A new generation of drugs, both antibodies and small molecules, that target specific molecules and pathways crucial for cancer survival or progression, has revolutionized the treatment of some cancers and given hope to many patients with cancers once considered hopeless.
ProTarget study is based on the study protocols of the Dutch DRUP trial and the TAPUR trial sponsored by ASCO in the US. ProTarget study is a phase II, prospective, non-randomized investigator-initiated clinical trial that aims to describe the safety and efficacy of commercially available, targeted anti-cancer drugs prescribed for treatment of patients with advanced cancer having a potentially actionable genomic variant revealed by a genomic test or immunohistochemistry test for protein overexpression performed in a laboratory accredited by the competent local regulatory authority. Supplementary WGS will be performed for all patients for translational research.
Aims
-To describe in different types of population the anti-tumour activity (efficacy) and toxicity (safety) of commercially available, targeted anti-cancer drugs used for treatment of patients with advanced disease with a genomic variant known (i) to be a target of an EMA-approved anti-cancer drug or (ii) to predict sensitivity to an EMA-approved anti-cancer drug.
-To record the site investigator determines treatment-related adverse events experienced by patients receiving treatment with commercially available, targeted anti-cancer drugs.
-To perform refined biomarker analyses, including (but not limited to) whole genome sequencing, on a fresh tumour biopsy specimen at baseline and at progression.
Methods
Each patient will be allocated to open cohorts at the weekly national Molecular Tumour Board. At present time 12 drugs are provided free of charge by pharma companies. All patients who receive treatment with a drug available in the protocol will be followed for standard toxicity and efficacy outcomes including tumour response, progression-free and overall survival as well as duration of treatment and high grade or serious adverse events.
Expected outcome
Assessment of response rates and 6 months disease-free survival (DFS), safety and resistance mechanisms for various targeted agents in GBM and other tumors types.
References
1. MacConaill, L.E., Garraway, L.A.: Clinical Implications of the Cancer Genome. J Clin Oncol. 28: 5219-5228, 2010.

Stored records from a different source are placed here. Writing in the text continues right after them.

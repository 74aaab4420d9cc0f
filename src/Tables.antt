-- ===== src/Tables.antt =====
-- storage/memory/memtable.go: a memory table is a skip list with a write-ahead log. Writers hold the
-- lock of the manager (storage/memory/memtable_manager.go).
pub mod Writing
pub mod Reading
pub mod Opening
pub mod Reader
pub mod Replayed
pub mod Rounds
pub mod Restored
pub mod Durable
use equinoxdb.Base.{◌>>=◌}
use equinoxdb.Base.{ℕ, ◌+◌, ◌-◌, ◌%◌, ◌^◌, Bool, ◌&&◌, ◌||◌, Option, none, some, List, [], ◌∷◌}
use equinoxdb.Base.{leb, ◌==◌, if◌then◌else◌}
use equinoxdb.Bytes.{Bytes}
use equinoxdb.Cache.{Cache, by_pointer, PutResult, stored, conflict, nil_entry, set_entry}
use equinoxdb.Cache.{find_greater_or_equal}
use equinoxdb.Cache.Runs.{PutCall, put_calls}
use equinoxdb.Cache.Walks.{decrease_size}
use equinoxdb.Entry.{Entry, filter_entry, size_entry, clean_entry}
use equinoxdb.Values.{size}
use equinoxdb.Wal.Log.{Snappy, WalFile, write_multi}
use equinoxdb.Wal.Outcome.{Outcome, ok, failed, panicked}
use equinoxdb.Wal.Sizes.{KeyValues}

pub record MemTable : Type 0 where
  pub cache : Cache
  pub wal : WalFile
  pub max_size : ℕ

-- The calls of `Put` in `WriteMulti`, with the life cycles and the heights that are drawn.
abbrev pub calls : (Bytes → ℕ) → (Bytes → ℕ) → KeyValues → List PutCall
calls life h [] = []
calls life h ((k, vs) ∷ m) =
    record { key = k; values = vs; life_cycle = life k; drawn = h k } ∷ calls life h m

-- What `WriteMulti` returns. After an error, or a panic of the cache, the log is followed, and the
-- skip list is not.
pub data TableWrite : Type 0 where
  table_written : MemTable → TableWrite
  wal_failed : TableWrite
  cache_failed : WalFile → TableWrite
  cache_panic : WalFile → TableWrite
  wal_panic : TableWrite

abbrev pub after_puts : MemTable → WalFile → Option PutResult → Option TableWrite
after_puts m w none = none
after_puts m w (some (stored c)) = some (table_written (record m { cache = c; wal = w }))
after_puts m w (some conflict) = some (cache_failed w)
after_puts m w (some nil_entry) = some (cache_panic w)

abbrev pub after_wal :
    MemTable → (Bytes → ℕ) → (Bytes → ℕ) → KeyValues → Outcome WalFile → Option TableWrite
after_wal m life h values failed = some wal_failed
after_wal m life h values panicked = some wal_panic
after_wal m life h values (ok w) = after_puts m w (put_calls (calls life h values) m.cache)

-- `WriteMulti`: the log first.
unfoldable pub write_table :
    Snappy → MemTable → (Bytes → ℕ) → (Bytes → ℕ) → KeyValues → Option TableWrite
write_table s m life h values = after_wal m life h values (write_multi s m.wal values)

-- `IsFull`
unfoldable pub is_full : MemTable → Bool
is_full m = leb (m.max_size % 2 ^ 32) m.cache.size || leb (m.max_size % 2 ^ 32) m.wal.pos

-- The entry of a key in `DeleteRange`: cleaned if the range is all times, then filtered; a nil
-- entry is passed over.
unfoldable pub filter_node : Cache → ℕ → ℕ → ℕ → Option Entry → Option Cache
filter_node c p min max none = some c
filter_node c p min max (some e) = do
  f ← filter_entry (if min == 0 && max == 2 ^ 64 - 1 then clean_entry e else e) min max
  some (
      decrease_size (set_entry c p f)
        ((size_entry e % 2 ^ 32 + 2 ^ 32 - size_entry f % 2 ^ 32) % 2 ^ 32))

unfoldable pub delete_key : Cache → ℕ → ℕ → Bytes → Option Cache
unfolding find_greater_or_equal filter_node
delete_key c min max k = do
  r ← find_greater_or_equal c k
  by_pointer r (some c) (λ p. filter_node c p min max (c.nodes p).entry)

-- `DeleteRange` and `Delete`; `none` is a panic.
unfoldable pub delete_range : Cache → List Bytes → ℕ → ℕ → Option Cache
unfolding delete_key
delete_range c [] min max = some c
delete_range c (k ∷ ks) min max = do d ← delete_key c min max k; delete_range d ks min max

unfoldable pub delete_all : Cache → List Bytes → Option Cache
unfolding delete_range
delete_all c ks = delete_range c ks 0 (2 ^ 64 - 1)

2. Garraway, L.A.: Genomics-Driven Oncology: Framework for an Emerging Paradigm. J Clin Oncol. 31: 1806-1814, 2013.
3. Dienstmann, R., Rodon, J., Barretina, J., Tabernero, J.: Genomic Medicine Frontier in Human Solid Tumors: Prospect Challenges. J Clin Oncol. 31: 1874-1884, 2013.

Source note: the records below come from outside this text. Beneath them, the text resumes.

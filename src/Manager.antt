-- ===== src/Manager.antt =====
-- storage/memory/memtable_manager.go: the current memory table, the immutable ones, and the channel
-- that hands them to the goroutine that flushes them (storage/engine_compact_snap.go). A table is
-- shared by the manager and the channel: it stands in `tables` under the id of its log file. Methods
-- hold the lock of the manager, so each is one step. The channel has room for at least one table.
pub mod Runs
pub mod Orders
pub mod Waits
pub mod Stuck
use equinoxdb.Base.{ℕ, suc, ◌-◌, ◌*◌, Bool, true, false, not, Option, none, some, List, [], ◌∷◌}
use equinoxdb.Base.{◌++◌, ltb, ◌==◌, if◌then◌else◌, length}
use equinoxdb.Bytes.{Bytes}
use equinoxdb.Cache.{Cache, new_cache}
use equinoxdb.Tables.{
  MemTable, TableWrite, table_written, wal_failed, cache_failed, cache_panic, wal_panic,
}
use equinoxdb.Tables.{write_table, is_full, delete_range}
use equinoxdb.Values.{size}
use equinoxdb.Wal.Log.{Snappy, WalFile, zero_bytes, remove_range}
use equinoxdb.Wal.Outcome.{Outcome, ok, failed, panicked}
use equinoxdb.Wal.Sizes.{KeyValues}
use equinoxdb.Base.{◌>>=◌}

-- `flushing` is the counter of the wait group; `mem` is `none` for nil.
pub record MemManager : Type 0 where
  pub tables : ℕ → MemTable
  pub mem : Option ℕ
  pub imm : List ℕ
  pub next_mem_fid : ℕ
  pub flush_ch : List ℕ
  pub flushing : ℕ
  pub num_mem_tables : ℕ
  pub max_mem_table_size : ℕ

abbrev pub set_table : MemManager → ℕ → MemTable → MemManager
set_table mm fid t = record mm { tables = λ f. if f == fid then t else mm.tables f }

-- `NewMemTable` of a file that is new: a cache without nodes and a mapped log of zeros.
unfoldable pub new_mem_table : ℕ → MemTable
new_mem_table max = record {
  cache = new_cache;
  wal = record { pos = 0; size = 0; bytes = zero_bytes (2 * max) };
  max_size = max;
}

-- `newMemTable` of the manager; `can_create` tells whether the file could be created.
abbrev pub with_new : Bool → MemManager → Option MemManager
with_new false mm = none
with_new true mm =
    some (record (set_table mm mm.next_mem_fid (new_mem_table mm.max_mem_table_size)) {
      mem = some mm.next_mem_fid;
      next_mem_fid = suc mm.next_mem_fid;
    })

-- What `EnsureMemForWrite` returns, with the manager it leaves.
pub data Ensured : Type 0 where
  ensured : MemManager → Ensured
  no_room : Ensured
  not_created : MemManager → Ensured

abbrev pub send_mem : ℕ → MemManager → MemManager
send_mem fid mm = record mm {
  flush_ch = mm.flush_ch ++ (fid ∷ []);
  flushing = suc mm.flushing;
  imm = mm.imm ++ (fid ∷ []);
}

-- The assignment of the result of `newMemTable`, nil with an error.
abbrev pub after_new : MemManager → Option MemManager → Ensured
after_new mm none = not_created (record mm { mem = none })
after_new mm (some m) = ensured m

abbrev pub ensure_mem : Bool → MemManager → Option ℕ → Option Ensured
ensure_mem can_create mm none = none
ensure_mem can_create mm (some fid) = some (
    if not (is_full (mm.tables fid))
    then ensured mm
    else if ltb (length mm.flush_ch) mm.num_mem_tables
    then after_new (send_mem fid mm) (with_new can_create (send_mem fid mm))
    else no_room)

-- `EnsureMemForWrite`; `none` is a nil dereference.
unfoldable pub ensure_mem_for_write : Bool → MemManager → Option Ensured
unfolding new_mem_table
ensure_mem_for_write can_create mm = ensure_mem can_create mm mm.mem

-- `TakeFlushMemTable`; `none` is that it waits.
abbrev pub take_from : MemManager → List ℕ → Option (ℕ × MemManager)
take_from mm [] = none
take_from mm (f ∷ fs) = some (f, record mm { flush_ch = fs })

unfoldable pub take_flush_mem_table : MemManager → Option (ℕ × MemManager)
take_flush_mem_table mm = take_from mm mm.flush_ch

-- `OnMemTableFlushed`; `none` is an index out of range. The reference counts and the log files are
-- not followed.
abbrev pub release_first : MemManager → ℕ → List ℕ → Option MemManager
release_first mm fid [] = none
release_first mm fid (i ∷ is) =
    some (if i == fid then record mm { imm = is; flushing = mm.flushing - 1 } else mm)

unfoldable pub on_mem_table_flushed : MemManager → ℕ → Option MemManager
on_mem_table_flushed mm fid = release_first mm fid mm.imm

module _ (s : Snappy) where
  -- `WriteMulti`: the result of the current table, and the manager where it was written. After an
  -- error or a panic the manager is not followed.
  abbrev pub wrote : MemManager → ℕ → TableWrite → Option MemManager
  wrote mm fid (table_written t) = some (set_table mm fid t)
  wrote mm fid wal_failed = none
  wrote mm fid (cache_failed w) = none
  wrote mm fid (cache_panic w) = none
  wrote mm fid wal_panic = none

  unfoldable pub write_multi_mem :
      MemManager → (Bytes → ℕ) → (Bytes → ℕ) → KeyValues → Option MemManager
  write_multi_mem mm life h values = do
    fid ← mm.mem
    r ← write_table s (mm.tables fid) life h values
    wrote mm fid r

  -- The two calls of `DeleteRange` on a table; the error of the second is dropped, and taken to leave
  -- the log as it was.
  abbrev pub after_remove : MemTable → Cache → Outcome WalFile → Option MemTable
  after_remove t c (ok w) = some (record t { cache = c; wal = w })
  after_remove t c failed = some (record t { cache = c })
  after_remove t c panicked = none

  unfoldable pub delete_in_table : List Bytes → ℕ → ℕ → MemTable → Option MemTable
  delete_in_table keys min max t = do
    c ← delete_range t.cache keys min max
    after_remove t c (remove_range s t.wal keys min max)

  unfoldable pub delete_in_tables : List Bytes → ℕ → ℕ → MemManager → List ℕ → Option MemManager
  unfolding delete_in_table
  delete_in_tables keys min max mm [] = some mm
  delete_in_tables keys min max mm (f ∷ fs) = do
    t ← delete_in_table keys min max (mm.tables f)
    delete_in_tables keys min max (set_table mm f t) fs

  -- `DeleteRange`: the current table, then the immutable ones; `none` is a panic.
  unfoldable pub delete_range_mem : MemManager → List Bytes → ℕ → ℕ → Option MemManager
  unfolding delete_in_tables
  delete_range_mem mm keys min max = do
    fid ← mm.mem
    delete_in_tables keys min max mm (fid ∷ mm.imm)

-- `NewMemManager` in a directory without log files.
unfoldable pub new_mem_manager : Bool → ℕ → ℕ → (ℕ → MemTable) → Option MemManager
unfolding new_mem_table
new_mem_manager can_create num max tables = with_new can_create (record {
  tables = tables;
  mem = none;
  imm = [];
  next_mem_fid = 1;
  flush_ch = [];
  flushing = 0;
  num_mem_tables = num;
  max_mem_table_size = max;
})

4. Meador, C.B., Micheel, C.M., Levy, M.A., Lovly, C.M., Horn, L., Warner, J.L., Johnson, D.B., Zhao, Z., Anderson, I.A., Sosman, J.A., Vnencak-Jones, C.L., Dahlman, K.B., Pao, W.: Beyond Histology: Translating Tumor Genotypes into Clinically Effective Targeted Therapies. Clin Cancer Res. 20: 2264, 2014.
Travel Grant
We are happy to announce Laila Belcaid, MD, PhD student (WP 15 ProTarget), in September 2021 received a Travel Grant, a donation of DKK 73.120 from The NEYE Foundation in support of her research at the Institute Gustave Roussy , France. The purpose of the donation is to change of the research environment at the Institute Gustave Roussy, to enhance the international collaboration in personalized cancer medicine.